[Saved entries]
------------------------------------------------------------

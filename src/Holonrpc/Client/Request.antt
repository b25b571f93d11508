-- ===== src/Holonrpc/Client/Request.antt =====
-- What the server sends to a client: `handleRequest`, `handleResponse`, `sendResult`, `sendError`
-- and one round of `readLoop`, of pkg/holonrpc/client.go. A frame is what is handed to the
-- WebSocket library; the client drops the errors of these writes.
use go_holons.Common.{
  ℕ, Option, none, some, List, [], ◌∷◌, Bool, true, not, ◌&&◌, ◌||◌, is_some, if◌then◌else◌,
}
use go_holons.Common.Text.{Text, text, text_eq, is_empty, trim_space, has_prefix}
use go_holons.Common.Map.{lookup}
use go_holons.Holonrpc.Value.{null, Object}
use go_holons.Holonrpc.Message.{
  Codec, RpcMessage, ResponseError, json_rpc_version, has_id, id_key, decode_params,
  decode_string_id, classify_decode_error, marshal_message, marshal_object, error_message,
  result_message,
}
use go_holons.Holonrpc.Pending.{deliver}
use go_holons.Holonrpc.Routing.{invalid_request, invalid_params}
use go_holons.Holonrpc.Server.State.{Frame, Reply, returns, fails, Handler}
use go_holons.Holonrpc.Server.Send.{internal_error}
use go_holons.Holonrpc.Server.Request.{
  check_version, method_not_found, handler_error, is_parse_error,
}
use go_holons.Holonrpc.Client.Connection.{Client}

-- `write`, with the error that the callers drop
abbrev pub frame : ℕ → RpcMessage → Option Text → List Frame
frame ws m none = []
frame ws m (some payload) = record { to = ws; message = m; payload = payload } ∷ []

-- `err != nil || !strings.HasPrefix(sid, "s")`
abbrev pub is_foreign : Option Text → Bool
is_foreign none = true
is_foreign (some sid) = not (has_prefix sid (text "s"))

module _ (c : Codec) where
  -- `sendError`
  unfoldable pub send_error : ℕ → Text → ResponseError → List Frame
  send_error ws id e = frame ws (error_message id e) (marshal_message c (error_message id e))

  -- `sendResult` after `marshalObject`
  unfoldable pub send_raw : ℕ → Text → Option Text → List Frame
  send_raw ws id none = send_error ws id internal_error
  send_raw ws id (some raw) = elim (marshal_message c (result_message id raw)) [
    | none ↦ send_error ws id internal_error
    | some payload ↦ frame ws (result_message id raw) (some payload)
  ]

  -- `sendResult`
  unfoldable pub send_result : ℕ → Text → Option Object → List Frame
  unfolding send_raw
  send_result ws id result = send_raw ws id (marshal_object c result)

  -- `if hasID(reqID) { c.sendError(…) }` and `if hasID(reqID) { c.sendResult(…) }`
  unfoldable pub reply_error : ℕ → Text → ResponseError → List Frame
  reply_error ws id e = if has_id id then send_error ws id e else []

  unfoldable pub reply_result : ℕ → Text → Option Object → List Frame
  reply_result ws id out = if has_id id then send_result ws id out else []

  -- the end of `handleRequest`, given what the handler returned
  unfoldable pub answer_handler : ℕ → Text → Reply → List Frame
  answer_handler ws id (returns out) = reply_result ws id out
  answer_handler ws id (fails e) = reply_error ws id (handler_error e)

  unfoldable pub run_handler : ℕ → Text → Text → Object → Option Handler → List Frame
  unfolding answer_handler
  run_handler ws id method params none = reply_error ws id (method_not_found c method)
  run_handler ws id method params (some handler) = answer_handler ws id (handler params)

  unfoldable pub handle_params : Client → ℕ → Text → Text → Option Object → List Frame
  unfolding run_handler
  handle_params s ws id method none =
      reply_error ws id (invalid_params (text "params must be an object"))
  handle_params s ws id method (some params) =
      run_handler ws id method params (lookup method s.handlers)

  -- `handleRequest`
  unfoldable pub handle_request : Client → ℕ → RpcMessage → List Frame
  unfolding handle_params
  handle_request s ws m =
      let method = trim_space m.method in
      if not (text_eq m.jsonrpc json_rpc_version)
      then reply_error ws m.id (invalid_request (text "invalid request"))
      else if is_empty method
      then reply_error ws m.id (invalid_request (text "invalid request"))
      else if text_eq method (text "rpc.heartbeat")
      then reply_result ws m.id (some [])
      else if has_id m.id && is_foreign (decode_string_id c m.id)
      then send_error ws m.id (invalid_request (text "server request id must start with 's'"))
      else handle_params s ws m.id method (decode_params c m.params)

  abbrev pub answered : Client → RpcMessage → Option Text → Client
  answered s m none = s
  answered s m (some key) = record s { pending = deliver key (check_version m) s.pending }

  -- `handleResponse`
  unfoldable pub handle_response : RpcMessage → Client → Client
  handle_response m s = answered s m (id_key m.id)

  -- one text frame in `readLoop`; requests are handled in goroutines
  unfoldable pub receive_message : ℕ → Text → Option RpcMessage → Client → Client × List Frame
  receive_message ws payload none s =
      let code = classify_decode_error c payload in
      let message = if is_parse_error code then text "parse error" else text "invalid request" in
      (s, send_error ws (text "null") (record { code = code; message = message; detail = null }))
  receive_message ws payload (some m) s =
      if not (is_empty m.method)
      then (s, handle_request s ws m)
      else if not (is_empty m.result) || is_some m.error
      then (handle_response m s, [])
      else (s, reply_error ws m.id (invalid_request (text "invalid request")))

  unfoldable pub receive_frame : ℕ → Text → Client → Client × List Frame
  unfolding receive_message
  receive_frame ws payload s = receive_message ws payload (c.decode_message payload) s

------------------------------------------------------------

Your answer should be the lines of the records that hold the string "RpcMessage".

  Codec, RpcMessage, ResponseError, json_rpc_version, has_id, id_key, decode_params,
abbrev pub frame : ℕ → RpcMessage → Option Text → List Frame
  unfoldable pub handle_request : Client → ℕ → RpcMessage → List Frame
  abbrev pub answered : Client → RpcMessage → Option Text → Client
  unfoldable pub handle_response : RpcMessage → Client → Client
  unfoldable pub receive_message : ℕ → Text → Option RpcMessage → Client → Client × List Frame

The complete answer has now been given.